[TASK STATEMENT] Among the entries below, find every line that contains the string "lookup", then copy it.

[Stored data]
------------

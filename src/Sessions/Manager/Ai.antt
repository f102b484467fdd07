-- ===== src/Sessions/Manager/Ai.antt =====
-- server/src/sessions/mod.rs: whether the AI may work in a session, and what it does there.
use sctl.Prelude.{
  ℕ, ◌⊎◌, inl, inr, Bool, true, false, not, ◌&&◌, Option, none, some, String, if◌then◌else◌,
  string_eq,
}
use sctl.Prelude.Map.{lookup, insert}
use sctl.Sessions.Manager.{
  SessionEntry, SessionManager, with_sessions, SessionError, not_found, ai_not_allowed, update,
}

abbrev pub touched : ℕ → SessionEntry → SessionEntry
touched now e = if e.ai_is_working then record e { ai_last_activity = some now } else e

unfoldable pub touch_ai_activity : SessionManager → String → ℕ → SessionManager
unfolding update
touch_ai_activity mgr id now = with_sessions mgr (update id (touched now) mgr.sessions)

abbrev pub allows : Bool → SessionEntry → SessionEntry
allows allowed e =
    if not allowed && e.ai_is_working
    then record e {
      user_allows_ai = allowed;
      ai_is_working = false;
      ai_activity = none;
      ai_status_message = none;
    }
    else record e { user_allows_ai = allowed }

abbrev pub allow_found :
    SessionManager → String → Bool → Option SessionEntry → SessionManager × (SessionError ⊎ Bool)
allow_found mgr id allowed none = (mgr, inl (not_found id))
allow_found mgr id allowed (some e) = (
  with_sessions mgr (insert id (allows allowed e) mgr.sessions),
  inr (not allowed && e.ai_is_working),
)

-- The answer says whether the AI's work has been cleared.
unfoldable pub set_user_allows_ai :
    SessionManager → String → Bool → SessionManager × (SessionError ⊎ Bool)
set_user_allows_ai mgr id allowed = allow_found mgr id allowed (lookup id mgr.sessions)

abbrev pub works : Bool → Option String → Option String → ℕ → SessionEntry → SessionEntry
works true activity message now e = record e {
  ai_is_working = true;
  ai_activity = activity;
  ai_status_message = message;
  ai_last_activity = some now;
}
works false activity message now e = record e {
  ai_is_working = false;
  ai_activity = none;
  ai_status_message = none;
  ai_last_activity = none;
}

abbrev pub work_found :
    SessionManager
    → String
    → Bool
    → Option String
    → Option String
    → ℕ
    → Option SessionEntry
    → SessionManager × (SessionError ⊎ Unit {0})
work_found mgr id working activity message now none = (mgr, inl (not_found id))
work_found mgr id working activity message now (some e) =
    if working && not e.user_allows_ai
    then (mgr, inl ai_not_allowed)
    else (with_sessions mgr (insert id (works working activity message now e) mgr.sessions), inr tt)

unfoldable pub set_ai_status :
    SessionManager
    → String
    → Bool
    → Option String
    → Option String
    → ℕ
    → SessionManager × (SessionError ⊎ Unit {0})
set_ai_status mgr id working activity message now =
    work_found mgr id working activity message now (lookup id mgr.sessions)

------------

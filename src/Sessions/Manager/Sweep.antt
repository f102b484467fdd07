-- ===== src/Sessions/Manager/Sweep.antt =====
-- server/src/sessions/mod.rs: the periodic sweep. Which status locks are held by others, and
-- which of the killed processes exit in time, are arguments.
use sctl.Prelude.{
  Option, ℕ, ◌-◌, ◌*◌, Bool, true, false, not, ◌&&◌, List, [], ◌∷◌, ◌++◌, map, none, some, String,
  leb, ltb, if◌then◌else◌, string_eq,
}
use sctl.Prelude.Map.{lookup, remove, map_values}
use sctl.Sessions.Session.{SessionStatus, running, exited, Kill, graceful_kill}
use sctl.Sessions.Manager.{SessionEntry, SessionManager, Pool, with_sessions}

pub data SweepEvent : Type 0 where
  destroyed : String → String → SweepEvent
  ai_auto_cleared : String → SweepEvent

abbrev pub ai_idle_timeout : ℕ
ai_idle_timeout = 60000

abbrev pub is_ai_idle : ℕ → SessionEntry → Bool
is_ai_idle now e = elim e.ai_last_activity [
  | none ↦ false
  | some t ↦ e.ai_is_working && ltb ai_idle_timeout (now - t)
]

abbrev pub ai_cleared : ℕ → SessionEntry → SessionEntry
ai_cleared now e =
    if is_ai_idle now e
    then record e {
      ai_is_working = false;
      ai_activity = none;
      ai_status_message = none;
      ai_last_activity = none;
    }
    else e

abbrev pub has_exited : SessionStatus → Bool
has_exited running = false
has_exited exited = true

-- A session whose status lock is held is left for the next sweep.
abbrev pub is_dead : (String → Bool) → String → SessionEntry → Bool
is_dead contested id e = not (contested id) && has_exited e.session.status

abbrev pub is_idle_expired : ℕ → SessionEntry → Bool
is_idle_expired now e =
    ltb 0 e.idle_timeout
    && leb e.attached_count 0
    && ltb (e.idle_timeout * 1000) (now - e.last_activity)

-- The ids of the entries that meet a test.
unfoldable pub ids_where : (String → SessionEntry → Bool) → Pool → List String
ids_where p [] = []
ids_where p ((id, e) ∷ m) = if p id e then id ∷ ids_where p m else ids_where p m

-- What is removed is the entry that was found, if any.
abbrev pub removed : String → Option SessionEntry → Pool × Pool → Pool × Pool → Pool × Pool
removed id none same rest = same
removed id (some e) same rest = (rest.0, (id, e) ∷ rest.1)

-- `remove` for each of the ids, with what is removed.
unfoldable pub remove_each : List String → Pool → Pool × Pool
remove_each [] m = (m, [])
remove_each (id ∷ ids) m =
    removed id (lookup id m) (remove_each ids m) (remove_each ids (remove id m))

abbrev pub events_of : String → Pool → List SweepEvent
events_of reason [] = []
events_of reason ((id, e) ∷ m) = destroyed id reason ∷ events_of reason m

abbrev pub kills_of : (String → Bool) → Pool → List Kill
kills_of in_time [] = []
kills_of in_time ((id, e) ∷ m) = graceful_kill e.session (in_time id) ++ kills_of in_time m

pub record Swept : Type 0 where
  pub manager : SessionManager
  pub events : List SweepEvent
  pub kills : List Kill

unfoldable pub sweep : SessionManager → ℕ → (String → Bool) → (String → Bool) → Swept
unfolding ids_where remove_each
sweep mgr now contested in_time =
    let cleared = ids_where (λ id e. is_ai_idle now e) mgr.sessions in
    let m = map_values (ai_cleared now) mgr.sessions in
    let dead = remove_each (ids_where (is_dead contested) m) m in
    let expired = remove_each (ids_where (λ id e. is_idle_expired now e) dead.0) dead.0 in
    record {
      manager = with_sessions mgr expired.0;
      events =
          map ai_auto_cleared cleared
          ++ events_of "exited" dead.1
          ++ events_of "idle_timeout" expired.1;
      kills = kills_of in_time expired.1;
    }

------------

[ANSWER]
use sctl.Prelude.Map.{lookup, insert}
set_user_allows_ai mgr id allowed = allow_found mgr id allowed (lookup id mgr.sessions)
    work_found mgr id working activity message now (lookup id mgr.sessions)
use sctl.Prelude.Map.{lookup, remove, map_values}
    removed id (lookup id m) (remove_each ids m) (remove_each ids (remove id m))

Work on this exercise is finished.